1st Edition

What To Do About Conspiracy Theories? Academic Entanglements in Conflicts Over Truths

Edited By Elżbieta Drążkiewicz, Jaron Harambam Copyright 2024
    132 Pages
    by Routledge

    Increasingly social activists, journalists and policy makers have expressed concern over the proliferation of conspiracy theories in the public space. There is a growing fear of their impact on social cohesion and democracy, their power to erode trust in state institutions and science. These concerns often come with an expectation that it is the responsibility of academics to engage with conspiracy beliefs by countering them. But should they?

    In this book, contributors show that like everything that relates to conspiracy theories, even the answer to this question is not straightforward and can vary across disciplines and schools, can be influenced by disciplinary ethical codes of conduct, research methodologies, and specific approaches to conspiracy theories. Foregrounding a variety of approaches, from across disciplines (psychology, anthropology, sociology and media studies), academic seniority (from young scholars to full professors), and countries (USA, Ireland, UK, The Netherlands, Sweden, and Greece), the chapters in this book are in deep conversation with each other, offering multiple alternative takes on the issue of what should academics do with conspiracy theories.

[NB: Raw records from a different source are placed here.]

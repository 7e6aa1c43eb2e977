-- ===== src/Client/Send/Exchange.antt =====
-- The contract of `send`: what it hands over and what it returns.
use sysadmin.Base.{
  true, none, some, [], ◌++◌, length, ◌≡◌, ◌≢◌, refl, ◌∙◌, ap, subst, append-nil, Result, err,
  panic,
}
use sysadmin.Protobuf.{Bytes, Protobuf}
use sysadmin.Protobuf.Laws.{IsLawful, Fits}
use sysadmin.Protobuf.Totality.{Returns, IsTotal}
use sysadmin.Ctl.Command
use sysadmin.Ctl.Command.{Command}
use sysadmin.Ctl.Command.Laws as CommandLaws
use sysadmin.Ctl.Response
use sysadmin.Ctl.Response.{Response}
use sysadmin.Ctl.Response.Totals as ResponseTotals
use sysadmin.Client.Net.{Net}
use sysadmin.Client.Net.Laws as NetLaws
use sysadmin.Client.Session.{send}
use sysadmin.Client.Session.Monad.{sysadmin_connection_error, SysadminClient, IsOk}
use sysadmin.Client.Send.{send_connected}
use sysadmin.Client.Send.Outcome.{Ran, and_then-Ran, transmit-Ran, await-Ran, receive-Ran}

Returns-ne-panic : {E A : Type 0} {r : Result E A} → Returns r → r ≢ panic
Returns-ne-panic Returns.value e = cc
Returns-ne-panic Returns.error e = cc

module _ ⦃P : Protobuf⦄ where
  -- With readers of the crate that return on every input, parsing a response returns a value or an
  -- error on every input: the loops of `merge_from` end, in all the nested messages too.
  pub parse_response-returns :
      IsTotal P → (bs : Bytes) → Returns (P.parse_from_bytes Response.message bs)
  parse_response-returns T bs =
      T.parse_from_bytes-total Response.message bs (ResponseTotals.parser T)

  module _ ⦃N : Net P⦄ where
    -- Without a connection `send` fails with the error of the source and leaves the client as it was.
    pub send_unconnected :
        (command : Command) (c : SysadminClient)
        → c.stream ≡ none
        → send command c
          ≡ (err (sysadmin_connection_error "Command issued before connection was init"), c)
    unfolding send
    send_unconnected command c down = simp down

    module _ (L : IsLawful P) (T : IsTotal P) (K : NetLaws.IsLawful N) where
      frame : Command → Bytes
      frame command =
          N.little_endian32 (length (CommandLaws.encode L command)) ++ CommandLaws.encode L command

      -- The frame, as the steps of `send` put it together.
      abbrev pieces : Command → Bytes
      pieces command =
          (N.little_endian32 (length (CommandLaws.encode L command))
            ++ (CommandLaws.encode L command ++ []))
          ++ (([] ++ []) ++ ([] ++ []))

      pieces-frame : (command : Command) → pieces command ≡ frame command
      unfolding frame
      pieces-frame command = simp append-nil

      send-Ran :
          (command : Command) (c : SysadminClient) (s : N.TcpStream)
          → Command.is_initialized command ≡ true
          → Fits (CommandLaws.encode L command)
          → Ran K
              (record c { stream = some s })
              s
              (pieces command)
              (send command (record c { stream = some s }))
      send-Ran command c s init fits =
          rw (send_connected L command (record c { stream = some s }) s refl init fits) (
            and_then-Ran K _ _ (transmit-Ran K _ (CommandLaws.encode L command) c s) λ _ t.
              and_then-Ran K _ _ (await-Ran K c t)
                λ _ u. receive-Ran K c u (λ bs. Returns-ne-panic (parse_response-returns T bs)))

      -- What `send` comes to on a client that is connected.
      abbrev Sends : Command → SysadminClient → N.TcpStream → Type 0
      Sends command c s =
          ((send command c).0 ≢ panic)
          × ((t : N.TcpStream) × ((send command c).1 ≡ record c { stream = some t })
              × (IsOk (send command c).0 → K.sent t ≡ K.sent s ++ frame command))

      sends :
          (command : Command) (c : SysadminClient) (s : N.TcpStream)
          → Command.is_initialized command ≡ true
          → Fits (CommandLaws.encode L command)
          → Sends command (record c { stream = some s }) s
      sends command c s init fits =
          let r = send-Ran command c s init fits in
          (
            r.calm,
            (r.after, r.still, λ o. r.wrote o ∙ ap (λ bs. K.sent s ++ bs) (pieces-frame command)),
          )

      Sends-at :
          (command : Command) (c : SysadminClient) (s : N.TcpStream)
          → c.stream ≡ some s
          → Command.is_initialized command ≡ true
          → Fits (CommandLaws.encode L command)
          → Sends command c s
      Sends-at command c s up init fits =
          let e : record c { stream = some s } ≡ c = rw (← up) in
          subst (λ d. Sends command d s) e (sends command c s init fits)

      -- On a connected client, `send` of a command that is initialized, and whose encoding a `u32` can
      -- count, does not panic, so that both of its assertions hold; and of the client it changes the
      -- stream alone, whatever the socket does.
      pub send-ne-panic :
          (command : Command) (c : SysadminClient) (s : N.TcpStream)
          → c.stream ≡ some s
          → Command.is_initialized command ≡ true
          → Fits (CommandLaws.encode L command)
          → ((send command c).0 ≢ panic)
            × ((t : N.TcpStream) × ((send command c).1 ≡ record c { stream = some t }))
      send-ne-panic command c s up init fits =
          let (calm, (t, still, wrote)) = Sends-at command c s up init fits in (calm, (t, still))

      -- On a connected client, if `send` of a command that is initialized, and whose encoding a
      -- `u32` can count, succeeds, it has handed over to the socket exactly the frame, the length of
      -- the encoding as a little-endian `u32` and the encoding, and of the client only the stream
      -- has changed.
      pub send-frame :
          (command : Command) (c : SysadminClient) (s : N.TcpStream)
          → c.stream ≡ some s
          → Command.is_initialized command ≡ true
          → Fits (CommandLaws.encode L command)
          → IsOk (send command c).0
          → (t : N.TcpStream) × ((send command c).1 ≡ record c { stream = some t })
            × (K.sent t
                ≡ K.sent s
                  ++ (N.little_endian32 (length (CommandLaws.encode L command))
                      ++ CommandLaws.encode L command))
      unfolding frame
      send-frame command c s up init fits o =
          let (calm, (t, still, wrote)) = Sends-at command c s up init fits in (t, still, wrote o)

Together, the book embodies several bold and compelling provocations to dealing differently with conspiracy theories.

    This timely volume introduces perspectives of scholars representing media studies, anthropology, psychology and sociology and discusses case studies concerning politics, health, environment and security. It will be a key resource for researchers, scholars and practitioners engaged in these fields and will also appeal to anyone interested in conspiracy theories and other related phenomena such as disinformation or fake news. This book was originally published as a special issue of the Journal for Cultural Research

    The Open Access version of this book, available at www.taylorfrancis.com, has been made available under a Creative Commons [Attribution- Non Commercial- No Derivatives (CC- BY- NC- ND)] 4.0 International license. A version of the open access title is also available on the OAPEN platformhttps://library.oapen.org/handle/20.500.12657/88254.

    Introduction: What should academics do about conspiracy theories? Moving beyond debunking to better deal with conspiratorial movements, misinformation and post-truth
    Elżbieta Drążkiewicz and Jaron Harambam

     

    1. Conspiracist cognition: chaos, convenience, and cause for concern
    Stephan Lewandowsky

     

    2. Evaluating conspiracy claims as public sphere communication
    Eileen Culloty

     

    3. Conspiracy theories in political-economic context: lessons from parents with vaccine and other pharmaceutical concerns
    Elisa J. Sobo

     

    4. Taking vaccine regret and hesitancy seriously. The role of truth, conspiracy theories, gender relations and trust in the HPV immunisation programmes in Ireland
    Elżbieta Drążkiewicz

     

    5. Towards an ecological ethics of academic responsibility: debunking power structures through relationality in Greek environmentalism
    Elvira Wepfer

     

    6. Against modernist illusions: why we need more democratic and constructivist alternatives to debunking conspiracy theories
    Jaron Harambam

    Biography

    Elżbieta Drążkiewicz is an anthropologist leading the ERC project CONSPIRATIONS investigating conflicts over conspiracy theories in Europe. She specializes in organisational, political, and economic anthropology. Her research also includes studies of foreign aid and development management and public health governance. She is an author of Institutionalised Dreams: The Art of Managing Foreign Aid (2020).

    Jaron Harambam is Assistant Professor of Media, Truth Politics and Digitalization at the Sociology Department of the University of Amsterdam. His research deals with public disputes over truth in a digitalized public sphere. More specifically, he studies conspiracy theories, news and platform politics, and AI (content moderation, search/recommender systems). Central to his research is the participation of multiple stakeholders to design our (future) digital worlds along democratic and public values. He is the author of Contemporary Conspiracy Culture: Truth and Knowledge in an Era of Epistemic Instability (2020). He is editor-in-chief of the open-access Dutch-Belgian peer-reviewed journal Tijdschrift Sociologie, and member of the European network of scholars working on conspiracy theories, COST COMPACT.